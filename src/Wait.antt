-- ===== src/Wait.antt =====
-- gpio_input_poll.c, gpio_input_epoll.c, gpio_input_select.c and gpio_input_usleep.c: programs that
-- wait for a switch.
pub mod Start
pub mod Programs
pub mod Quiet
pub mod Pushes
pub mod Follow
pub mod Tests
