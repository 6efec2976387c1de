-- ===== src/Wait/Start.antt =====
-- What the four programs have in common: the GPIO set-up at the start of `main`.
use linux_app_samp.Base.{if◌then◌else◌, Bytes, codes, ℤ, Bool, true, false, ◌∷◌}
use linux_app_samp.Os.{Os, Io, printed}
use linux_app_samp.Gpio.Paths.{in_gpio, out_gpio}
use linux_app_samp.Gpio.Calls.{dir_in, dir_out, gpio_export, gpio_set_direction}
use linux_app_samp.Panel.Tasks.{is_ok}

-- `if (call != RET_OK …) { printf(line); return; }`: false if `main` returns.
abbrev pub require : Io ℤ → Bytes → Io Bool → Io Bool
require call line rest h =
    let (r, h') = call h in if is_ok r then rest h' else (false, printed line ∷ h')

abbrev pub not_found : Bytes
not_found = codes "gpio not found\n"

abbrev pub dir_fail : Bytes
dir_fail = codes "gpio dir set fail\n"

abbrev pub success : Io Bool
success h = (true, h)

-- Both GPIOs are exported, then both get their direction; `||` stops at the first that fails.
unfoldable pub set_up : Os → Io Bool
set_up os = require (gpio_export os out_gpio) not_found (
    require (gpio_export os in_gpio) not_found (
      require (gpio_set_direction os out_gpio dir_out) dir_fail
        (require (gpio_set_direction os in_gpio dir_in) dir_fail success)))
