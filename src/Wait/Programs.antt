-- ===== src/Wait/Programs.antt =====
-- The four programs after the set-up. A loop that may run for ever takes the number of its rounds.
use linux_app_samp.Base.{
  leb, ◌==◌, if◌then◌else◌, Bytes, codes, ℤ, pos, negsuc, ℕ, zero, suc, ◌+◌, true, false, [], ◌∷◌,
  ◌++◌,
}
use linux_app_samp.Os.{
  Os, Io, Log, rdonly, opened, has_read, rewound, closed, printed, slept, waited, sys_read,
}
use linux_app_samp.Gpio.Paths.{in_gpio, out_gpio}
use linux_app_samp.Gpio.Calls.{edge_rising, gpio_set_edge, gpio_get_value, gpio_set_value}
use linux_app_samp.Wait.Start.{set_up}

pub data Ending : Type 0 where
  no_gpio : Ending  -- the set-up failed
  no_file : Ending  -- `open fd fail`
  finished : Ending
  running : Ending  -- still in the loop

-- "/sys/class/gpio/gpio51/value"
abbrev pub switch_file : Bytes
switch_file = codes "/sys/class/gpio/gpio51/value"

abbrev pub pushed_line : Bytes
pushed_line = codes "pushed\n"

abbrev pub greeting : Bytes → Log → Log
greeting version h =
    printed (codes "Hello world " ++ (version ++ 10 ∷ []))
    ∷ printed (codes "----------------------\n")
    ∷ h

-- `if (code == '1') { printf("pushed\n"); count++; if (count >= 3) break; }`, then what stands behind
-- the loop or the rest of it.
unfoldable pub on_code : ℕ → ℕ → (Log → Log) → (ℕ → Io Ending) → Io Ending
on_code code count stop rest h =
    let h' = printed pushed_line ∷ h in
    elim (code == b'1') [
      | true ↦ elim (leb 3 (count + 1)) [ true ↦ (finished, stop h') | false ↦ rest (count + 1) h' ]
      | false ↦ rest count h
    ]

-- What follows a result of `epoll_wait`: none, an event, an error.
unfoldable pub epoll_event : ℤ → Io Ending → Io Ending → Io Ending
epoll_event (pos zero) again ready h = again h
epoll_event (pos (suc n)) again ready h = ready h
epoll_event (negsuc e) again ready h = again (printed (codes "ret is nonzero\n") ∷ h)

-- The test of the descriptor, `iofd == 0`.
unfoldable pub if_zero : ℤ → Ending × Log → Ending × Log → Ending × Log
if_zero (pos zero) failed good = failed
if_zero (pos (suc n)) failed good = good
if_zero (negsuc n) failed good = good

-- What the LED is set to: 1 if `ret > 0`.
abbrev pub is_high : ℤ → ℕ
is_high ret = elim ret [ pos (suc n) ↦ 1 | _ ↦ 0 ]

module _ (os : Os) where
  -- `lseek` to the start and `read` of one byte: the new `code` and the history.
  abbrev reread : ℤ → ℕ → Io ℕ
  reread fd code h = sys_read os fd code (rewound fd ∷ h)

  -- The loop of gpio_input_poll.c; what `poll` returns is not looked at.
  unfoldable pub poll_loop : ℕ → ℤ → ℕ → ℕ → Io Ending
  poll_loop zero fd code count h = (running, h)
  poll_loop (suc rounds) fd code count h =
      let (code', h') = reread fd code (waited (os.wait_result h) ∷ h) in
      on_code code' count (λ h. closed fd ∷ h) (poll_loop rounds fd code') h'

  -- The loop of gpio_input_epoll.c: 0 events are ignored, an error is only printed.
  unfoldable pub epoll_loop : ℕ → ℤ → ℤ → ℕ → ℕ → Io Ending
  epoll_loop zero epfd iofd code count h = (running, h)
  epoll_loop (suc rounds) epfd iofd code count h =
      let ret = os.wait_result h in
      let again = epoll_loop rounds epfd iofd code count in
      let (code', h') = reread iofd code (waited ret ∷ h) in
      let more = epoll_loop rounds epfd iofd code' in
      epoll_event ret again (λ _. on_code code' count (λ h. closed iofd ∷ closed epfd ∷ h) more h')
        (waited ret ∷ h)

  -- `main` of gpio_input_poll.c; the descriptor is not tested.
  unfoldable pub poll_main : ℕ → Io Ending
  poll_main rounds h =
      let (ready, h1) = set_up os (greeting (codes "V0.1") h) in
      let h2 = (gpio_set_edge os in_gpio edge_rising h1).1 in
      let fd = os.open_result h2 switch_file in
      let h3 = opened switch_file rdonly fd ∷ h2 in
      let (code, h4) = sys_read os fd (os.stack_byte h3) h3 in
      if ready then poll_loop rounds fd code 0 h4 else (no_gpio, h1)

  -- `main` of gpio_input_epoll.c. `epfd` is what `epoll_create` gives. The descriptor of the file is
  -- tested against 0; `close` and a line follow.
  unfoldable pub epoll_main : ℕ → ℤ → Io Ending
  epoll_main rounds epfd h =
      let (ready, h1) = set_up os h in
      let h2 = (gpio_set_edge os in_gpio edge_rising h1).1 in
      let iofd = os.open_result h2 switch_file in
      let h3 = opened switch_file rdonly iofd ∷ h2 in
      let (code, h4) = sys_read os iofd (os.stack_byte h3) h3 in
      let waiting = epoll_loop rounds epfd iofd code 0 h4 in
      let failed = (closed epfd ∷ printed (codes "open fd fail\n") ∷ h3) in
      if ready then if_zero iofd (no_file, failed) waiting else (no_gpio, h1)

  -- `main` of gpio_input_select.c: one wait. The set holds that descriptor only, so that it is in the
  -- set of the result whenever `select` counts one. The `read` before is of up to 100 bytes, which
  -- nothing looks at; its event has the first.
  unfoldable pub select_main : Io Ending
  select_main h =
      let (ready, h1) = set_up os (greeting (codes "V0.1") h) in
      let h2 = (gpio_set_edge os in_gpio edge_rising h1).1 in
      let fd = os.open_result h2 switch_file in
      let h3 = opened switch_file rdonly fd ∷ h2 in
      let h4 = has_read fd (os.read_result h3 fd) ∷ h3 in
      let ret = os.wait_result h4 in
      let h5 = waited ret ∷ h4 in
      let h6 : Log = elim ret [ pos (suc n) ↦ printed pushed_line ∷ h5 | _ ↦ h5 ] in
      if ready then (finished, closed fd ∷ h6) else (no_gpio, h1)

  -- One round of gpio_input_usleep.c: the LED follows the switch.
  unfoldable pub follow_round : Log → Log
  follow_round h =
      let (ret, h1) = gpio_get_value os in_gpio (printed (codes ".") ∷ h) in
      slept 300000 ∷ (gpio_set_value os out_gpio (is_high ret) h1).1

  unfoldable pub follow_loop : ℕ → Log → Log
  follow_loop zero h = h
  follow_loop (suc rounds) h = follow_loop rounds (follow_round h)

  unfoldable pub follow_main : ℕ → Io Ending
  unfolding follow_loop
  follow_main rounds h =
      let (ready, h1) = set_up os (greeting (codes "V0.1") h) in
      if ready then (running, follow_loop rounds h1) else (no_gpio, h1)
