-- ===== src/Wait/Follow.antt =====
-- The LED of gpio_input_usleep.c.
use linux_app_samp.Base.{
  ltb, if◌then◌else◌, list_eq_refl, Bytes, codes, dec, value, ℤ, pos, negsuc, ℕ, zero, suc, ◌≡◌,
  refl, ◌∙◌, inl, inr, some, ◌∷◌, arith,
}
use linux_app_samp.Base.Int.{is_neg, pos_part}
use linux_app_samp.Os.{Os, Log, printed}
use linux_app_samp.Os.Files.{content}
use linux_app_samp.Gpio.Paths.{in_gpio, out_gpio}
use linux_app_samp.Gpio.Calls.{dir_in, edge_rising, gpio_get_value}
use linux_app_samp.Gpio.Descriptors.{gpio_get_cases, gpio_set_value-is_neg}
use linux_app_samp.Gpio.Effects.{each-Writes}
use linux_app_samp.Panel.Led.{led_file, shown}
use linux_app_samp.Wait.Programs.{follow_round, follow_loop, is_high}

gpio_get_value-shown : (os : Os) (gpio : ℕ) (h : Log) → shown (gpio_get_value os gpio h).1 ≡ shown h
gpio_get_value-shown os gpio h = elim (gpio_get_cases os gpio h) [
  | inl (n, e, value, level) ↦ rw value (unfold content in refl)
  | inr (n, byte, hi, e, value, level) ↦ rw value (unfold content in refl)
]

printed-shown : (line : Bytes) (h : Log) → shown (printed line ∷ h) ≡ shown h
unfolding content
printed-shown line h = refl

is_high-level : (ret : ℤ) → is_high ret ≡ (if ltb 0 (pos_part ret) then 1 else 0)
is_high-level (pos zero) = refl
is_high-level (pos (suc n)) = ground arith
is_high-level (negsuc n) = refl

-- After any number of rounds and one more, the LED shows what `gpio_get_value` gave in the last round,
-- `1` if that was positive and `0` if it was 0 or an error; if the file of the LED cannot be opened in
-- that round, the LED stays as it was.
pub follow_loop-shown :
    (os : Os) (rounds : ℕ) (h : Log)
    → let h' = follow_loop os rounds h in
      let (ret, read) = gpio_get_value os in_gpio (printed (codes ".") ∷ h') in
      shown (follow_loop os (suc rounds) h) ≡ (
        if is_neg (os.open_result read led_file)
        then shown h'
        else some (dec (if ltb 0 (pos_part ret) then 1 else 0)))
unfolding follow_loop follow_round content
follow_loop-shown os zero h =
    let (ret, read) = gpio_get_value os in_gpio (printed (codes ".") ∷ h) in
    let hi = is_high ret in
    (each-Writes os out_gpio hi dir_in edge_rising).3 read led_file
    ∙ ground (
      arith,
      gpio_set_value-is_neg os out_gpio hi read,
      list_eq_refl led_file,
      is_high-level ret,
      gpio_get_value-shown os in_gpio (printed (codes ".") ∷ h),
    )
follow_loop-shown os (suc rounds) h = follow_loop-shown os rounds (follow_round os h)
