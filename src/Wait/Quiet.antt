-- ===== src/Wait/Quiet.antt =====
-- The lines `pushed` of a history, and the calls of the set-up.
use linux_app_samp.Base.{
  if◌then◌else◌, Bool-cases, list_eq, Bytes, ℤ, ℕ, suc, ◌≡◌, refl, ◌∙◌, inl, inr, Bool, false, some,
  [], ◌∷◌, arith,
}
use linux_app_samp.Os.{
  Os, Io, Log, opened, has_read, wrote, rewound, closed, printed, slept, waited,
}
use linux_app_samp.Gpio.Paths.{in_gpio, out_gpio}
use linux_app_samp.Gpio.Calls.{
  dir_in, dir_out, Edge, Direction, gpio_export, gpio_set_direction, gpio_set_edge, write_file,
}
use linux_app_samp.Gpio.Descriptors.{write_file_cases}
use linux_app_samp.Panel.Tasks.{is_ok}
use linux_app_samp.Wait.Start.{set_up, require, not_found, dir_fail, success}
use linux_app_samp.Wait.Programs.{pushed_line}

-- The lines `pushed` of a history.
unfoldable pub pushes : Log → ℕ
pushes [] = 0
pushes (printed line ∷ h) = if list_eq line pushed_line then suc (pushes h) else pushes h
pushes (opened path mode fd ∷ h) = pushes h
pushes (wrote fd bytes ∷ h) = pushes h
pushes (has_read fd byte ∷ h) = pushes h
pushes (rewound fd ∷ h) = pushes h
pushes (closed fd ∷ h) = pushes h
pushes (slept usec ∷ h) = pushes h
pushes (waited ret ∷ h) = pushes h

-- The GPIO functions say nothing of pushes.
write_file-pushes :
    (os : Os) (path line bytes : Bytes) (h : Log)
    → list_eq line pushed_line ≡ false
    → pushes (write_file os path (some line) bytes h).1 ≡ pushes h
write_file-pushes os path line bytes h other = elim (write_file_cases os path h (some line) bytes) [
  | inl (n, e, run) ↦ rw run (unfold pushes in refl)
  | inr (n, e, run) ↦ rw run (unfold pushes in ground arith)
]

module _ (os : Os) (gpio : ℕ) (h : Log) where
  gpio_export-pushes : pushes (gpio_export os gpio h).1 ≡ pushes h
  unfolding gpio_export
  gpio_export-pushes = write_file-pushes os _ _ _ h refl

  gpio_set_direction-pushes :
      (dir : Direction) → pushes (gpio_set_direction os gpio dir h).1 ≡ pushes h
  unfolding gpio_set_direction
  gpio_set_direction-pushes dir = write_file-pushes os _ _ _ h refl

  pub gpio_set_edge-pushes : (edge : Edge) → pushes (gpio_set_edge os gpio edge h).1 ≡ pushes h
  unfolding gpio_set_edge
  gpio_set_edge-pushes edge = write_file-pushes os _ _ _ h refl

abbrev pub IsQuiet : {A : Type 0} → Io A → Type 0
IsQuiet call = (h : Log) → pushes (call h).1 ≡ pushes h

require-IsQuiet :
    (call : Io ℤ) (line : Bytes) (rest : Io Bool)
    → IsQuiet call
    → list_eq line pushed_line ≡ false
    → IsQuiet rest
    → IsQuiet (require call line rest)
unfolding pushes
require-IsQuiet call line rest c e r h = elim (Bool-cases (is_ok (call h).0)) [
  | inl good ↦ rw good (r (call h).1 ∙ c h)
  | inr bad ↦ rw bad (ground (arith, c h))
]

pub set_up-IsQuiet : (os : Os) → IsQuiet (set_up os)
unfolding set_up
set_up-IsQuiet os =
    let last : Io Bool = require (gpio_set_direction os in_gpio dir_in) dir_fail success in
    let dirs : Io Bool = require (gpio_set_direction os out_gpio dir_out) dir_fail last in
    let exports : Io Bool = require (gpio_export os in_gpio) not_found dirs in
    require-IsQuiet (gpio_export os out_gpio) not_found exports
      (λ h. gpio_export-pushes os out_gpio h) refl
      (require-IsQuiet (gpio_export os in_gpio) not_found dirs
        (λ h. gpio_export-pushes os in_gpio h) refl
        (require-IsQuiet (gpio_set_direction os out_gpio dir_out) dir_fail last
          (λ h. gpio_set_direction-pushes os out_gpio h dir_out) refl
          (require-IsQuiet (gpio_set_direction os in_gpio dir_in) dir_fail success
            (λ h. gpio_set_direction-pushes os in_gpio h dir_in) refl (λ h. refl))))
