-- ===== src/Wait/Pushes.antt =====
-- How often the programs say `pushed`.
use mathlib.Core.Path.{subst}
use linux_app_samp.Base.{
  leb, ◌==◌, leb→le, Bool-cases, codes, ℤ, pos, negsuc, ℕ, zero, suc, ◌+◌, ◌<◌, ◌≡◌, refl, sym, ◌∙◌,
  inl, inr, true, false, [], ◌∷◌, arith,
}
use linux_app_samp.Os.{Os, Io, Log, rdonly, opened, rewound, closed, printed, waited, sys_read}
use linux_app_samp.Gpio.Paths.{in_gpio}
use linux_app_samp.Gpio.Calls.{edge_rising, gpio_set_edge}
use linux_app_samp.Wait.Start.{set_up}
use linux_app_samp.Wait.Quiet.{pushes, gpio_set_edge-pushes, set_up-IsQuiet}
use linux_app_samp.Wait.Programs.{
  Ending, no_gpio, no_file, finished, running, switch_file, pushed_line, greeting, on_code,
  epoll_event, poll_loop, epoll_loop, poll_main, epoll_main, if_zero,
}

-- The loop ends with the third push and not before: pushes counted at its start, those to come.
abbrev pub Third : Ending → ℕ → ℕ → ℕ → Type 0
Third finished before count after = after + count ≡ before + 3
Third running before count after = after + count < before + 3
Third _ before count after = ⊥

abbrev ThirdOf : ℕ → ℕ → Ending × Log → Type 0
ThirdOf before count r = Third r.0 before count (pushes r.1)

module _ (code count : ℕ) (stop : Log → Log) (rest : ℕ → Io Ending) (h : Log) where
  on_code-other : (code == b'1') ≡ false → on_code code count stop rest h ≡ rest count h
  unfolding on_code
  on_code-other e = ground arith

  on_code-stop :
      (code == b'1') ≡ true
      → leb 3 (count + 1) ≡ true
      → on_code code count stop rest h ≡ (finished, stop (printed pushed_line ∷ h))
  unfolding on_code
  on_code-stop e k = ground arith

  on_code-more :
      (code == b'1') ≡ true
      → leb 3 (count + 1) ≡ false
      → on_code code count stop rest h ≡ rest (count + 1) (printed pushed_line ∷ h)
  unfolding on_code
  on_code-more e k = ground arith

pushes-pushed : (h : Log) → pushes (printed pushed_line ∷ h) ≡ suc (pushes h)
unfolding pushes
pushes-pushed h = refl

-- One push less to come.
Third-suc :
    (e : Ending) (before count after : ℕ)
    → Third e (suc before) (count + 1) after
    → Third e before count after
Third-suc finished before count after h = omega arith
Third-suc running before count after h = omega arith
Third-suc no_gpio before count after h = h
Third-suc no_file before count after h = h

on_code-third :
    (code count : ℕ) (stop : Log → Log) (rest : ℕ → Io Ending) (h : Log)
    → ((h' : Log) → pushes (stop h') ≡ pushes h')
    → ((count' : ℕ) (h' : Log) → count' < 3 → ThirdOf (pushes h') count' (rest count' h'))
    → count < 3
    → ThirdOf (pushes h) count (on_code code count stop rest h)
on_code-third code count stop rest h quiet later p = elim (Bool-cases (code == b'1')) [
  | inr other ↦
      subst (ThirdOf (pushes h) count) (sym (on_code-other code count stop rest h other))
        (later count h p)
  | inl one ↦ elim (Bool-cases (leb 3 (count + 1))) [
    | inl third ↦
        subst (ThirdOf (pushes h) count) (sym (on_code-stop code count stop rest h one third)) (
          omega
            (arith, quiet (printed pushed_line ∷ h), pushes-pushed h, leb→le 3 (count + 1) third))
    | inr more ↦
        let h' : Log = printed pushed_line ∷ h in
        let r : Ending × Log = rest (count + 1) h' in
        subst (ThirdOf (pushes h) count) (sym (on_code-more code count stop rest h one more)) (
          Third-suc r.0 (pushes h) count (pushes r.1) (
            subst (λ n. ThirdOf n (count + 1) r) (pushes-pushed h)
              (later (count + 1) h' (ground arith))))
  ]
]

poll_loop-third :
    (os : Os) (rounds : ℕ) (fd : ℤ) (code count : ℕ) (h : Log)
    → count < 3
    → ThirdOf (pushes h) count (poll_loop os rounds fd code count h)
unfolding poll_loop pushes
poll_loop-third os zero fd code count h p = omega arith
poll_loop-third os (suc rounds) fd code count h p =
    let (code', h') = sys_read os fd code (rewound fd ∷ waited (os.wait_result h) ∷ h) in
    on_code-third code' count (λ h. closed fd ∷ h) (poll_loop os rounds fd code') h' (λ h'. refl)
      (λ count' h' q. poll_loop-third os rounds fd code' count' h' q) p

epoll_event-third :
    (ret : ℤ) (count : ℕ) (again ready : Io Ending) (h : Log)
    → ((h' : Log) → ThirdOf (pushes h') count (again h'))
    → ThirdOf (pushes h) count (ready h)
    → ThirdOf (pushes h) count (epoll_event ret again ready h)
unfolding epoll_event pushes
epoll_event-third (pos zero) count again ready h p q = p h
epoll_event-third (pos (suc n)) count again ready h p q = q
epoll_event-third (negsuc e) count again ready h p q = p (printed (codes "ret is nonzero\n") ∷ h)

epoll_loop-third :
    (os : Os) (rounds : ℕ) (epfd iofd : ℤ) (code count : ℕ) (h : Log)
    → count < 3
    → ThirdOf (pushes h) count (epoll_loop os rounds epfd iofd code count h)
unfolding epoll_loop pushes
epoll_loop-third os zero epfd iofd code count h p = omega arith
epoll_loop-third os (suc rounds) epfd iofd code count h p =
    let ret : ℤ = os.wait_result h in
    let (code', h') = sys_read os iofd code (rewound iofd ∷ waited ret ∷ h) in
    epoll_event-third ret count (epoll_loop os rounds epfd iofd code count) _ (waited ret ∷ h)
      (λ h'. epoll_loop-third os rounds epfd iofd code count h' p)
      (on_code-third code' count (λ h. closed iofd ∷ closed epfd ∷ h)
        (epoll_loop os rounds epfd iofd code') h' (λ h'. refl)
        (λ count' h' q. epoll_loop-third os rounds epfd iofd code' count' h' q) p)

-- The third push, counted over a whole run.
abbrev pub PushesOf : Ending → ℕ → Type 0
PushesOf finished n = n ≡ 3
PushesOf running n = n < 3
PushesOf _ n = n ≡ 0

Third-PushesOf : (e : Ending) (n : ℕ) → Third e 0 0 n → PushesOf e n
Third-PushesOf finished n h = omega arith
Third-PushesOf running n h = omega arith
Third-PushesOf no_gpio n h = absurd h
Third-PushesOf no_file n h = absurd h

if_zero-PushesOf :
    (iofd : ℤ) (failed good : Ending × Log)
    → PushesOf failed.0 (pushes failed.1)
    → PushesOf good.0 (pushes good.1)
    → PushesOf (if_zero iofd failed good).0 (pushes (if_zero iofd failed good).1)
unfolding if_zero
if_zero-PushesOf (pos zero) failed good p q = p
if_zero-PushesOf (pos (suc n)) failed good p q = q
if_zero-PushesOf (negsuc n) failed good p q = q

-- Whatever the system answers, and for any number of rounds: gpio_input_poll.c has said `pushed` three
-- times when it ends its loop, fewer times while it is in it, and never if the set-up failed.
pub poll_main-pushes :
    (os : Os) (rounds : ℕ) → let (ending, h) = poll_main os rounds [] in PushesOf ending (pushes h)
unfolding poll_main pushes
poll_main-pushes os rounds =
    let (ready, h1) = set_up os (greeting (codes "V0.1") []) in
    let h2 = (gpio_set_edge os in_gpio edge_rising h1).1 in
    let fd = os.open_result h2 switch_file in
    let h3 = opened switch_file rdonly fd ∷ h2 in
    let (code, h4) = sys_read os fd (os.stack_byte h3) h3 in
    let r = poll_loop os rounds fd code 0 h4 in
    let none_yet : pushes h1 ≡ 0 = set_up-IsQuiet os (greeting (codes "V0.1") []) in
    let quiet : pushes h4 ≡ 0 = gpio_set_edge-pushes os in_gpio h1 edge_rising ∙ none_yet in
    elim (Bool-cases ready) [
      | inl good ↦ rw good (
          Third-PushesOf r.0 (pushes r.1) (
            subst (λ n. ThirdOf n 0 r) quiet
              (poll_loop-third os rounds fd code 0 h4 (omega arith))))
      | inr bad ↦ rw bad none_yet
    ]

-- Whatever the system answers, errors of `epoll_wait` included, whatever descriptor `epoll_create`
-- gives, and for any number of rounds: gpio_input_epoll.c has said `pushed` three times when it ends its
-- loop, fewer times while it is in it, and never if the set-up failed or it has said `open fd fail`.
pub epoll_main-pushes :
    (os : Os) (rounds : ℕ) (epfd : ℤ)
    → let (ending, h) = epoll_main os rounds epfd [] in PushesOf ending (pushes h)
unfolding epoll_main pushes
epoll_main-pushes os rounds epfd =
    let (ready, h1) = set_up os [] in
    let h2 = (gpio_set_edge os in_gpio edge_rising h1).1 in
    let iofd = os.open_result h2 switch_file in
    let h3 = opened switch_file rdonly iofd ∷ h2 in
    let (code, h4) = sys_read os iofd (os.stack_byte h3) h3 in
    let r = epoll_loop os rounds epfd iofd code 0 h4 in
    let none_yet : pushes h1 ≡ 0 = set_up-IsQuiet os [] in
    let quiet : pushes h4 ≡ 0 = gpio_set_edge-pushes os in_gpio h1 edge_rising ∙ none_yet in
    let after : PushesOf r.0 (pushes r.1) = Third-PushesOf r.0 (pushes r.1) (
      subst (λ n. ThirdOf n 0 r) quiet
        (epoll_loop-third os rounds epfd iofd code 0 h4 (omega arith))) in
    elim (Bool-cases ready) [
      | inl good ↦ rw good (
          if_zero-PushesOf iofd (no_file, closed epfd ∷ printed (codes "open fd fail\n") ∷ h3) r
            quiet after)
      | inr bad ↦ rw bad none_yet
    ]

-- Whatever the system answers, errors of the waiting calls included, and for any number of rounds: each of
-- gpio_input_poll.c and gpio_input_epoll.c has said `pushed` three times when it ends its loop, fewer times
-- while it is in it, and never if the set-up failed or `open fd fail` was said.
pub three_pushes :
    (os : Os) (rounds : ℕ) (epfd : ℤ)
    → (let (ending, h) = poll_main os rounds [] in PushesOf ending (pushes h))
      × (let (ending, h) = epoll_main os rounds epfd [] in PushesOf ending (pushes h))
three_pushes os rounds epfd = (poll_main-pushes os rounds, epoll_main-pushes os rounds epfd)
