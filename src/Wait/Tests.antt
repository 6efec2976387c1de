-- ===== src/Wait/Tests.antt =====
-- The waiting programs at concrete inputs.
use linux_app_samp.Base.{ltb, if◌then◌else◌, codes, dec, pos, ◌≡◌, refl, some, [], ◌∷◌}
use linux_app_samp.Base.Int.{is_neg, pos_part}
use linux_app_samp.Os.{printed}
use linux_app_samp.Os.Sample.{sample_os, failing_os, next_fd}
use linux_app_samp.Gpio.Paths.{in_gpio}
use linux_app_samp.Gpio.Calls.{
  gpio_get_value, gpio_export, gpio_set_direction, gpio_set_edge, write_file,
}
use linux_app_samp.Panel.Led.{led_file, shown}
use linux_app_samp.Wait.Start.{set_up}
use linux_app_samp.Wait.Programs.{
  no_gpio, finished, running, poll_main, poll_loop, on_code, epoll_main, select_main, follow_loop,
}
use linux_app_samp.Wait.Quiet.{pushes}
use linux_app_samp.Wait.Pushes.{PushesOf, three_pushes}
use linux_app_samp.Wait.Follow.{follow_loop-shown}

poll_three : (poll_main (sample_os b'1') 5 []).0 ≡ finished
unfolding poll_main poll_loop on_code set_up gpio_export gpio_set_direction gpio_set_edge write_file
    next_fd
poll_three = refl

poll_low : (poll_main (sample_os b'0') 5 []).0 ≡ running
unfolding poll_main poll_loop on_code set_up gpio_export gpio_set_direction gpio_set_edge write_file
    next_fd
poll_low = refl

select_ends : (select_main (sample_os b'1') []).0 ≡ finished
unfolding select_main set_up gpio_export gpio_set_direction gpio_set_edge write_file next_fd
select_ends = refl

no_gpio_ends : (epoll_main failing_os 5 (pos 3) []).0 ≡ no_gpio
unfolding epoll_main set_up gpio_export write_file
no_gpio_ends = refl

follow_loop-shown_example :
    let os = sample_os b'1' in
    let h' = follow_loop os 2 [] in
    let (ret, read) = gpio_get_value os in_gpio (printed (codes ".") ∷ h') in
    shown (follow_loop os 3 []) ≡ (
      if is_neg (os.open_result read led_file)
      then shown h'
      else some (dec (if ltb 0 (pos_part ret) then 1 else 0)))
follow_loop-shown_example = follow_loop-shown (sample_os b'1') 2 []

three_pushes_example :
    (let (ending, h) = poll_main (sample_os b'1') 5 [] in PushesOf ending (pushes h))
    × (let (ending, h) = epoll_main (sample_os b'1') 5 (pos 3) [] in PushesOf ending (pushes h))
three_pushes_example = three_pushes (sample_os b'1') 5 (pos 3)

> **WHAT NEEDS TO BE DONE**:
When copying the data above, please keep exactly the lines from its first line through the line with "not_found = codes", both ends included, and drop the rest.

> **OUTPUT**:
filename src/Wait.antt
-- ===== src/Wait.antt =====
-- gpio_input_poll.c, gpio_input_epoll.c, gpio_input_select.c and gpio_input_usleep.c: programs that
-- wait for a switch.
pub mod Start
pub mod Programs
pub mod Quiet
pub mod Pushes
pub mod Follow
pub mod Tests
repository 6efec2976387c1de
-- ===== src/Wait/Start.antt =====
-- What the four programs have in common: the GPIO set-up at the start of `main`.
use linux_app_samp.Base.{if◌then◌else◌, Bytes, codes, ℤ, Bool, true, false, ◌∷◌}
use linux_app_samp.Os.{Os, Io, printed}
use linux_app_samp.Gpio.Paths.{in_gpio, out_gpio}
use linux_app_samp.Gpio.Calls.{dir_in, dir_out, gpio_export, gpio_set_direction}
use linux_app_samp.Panel.Tasks.{is_ok}

-- `if (call != RET_OK …) { printf(line); return; }`: false if `main` returns.
abbrev pub require : Io ℤ → Bytes → Io Bool → Io Bool
require call line rest h =
    let (r, h') = call h in if is_ok r then rest h' else (false, printed line ∷ h')

abbrev pub not_found : Bytes
not_found = codes "gpio not found\n"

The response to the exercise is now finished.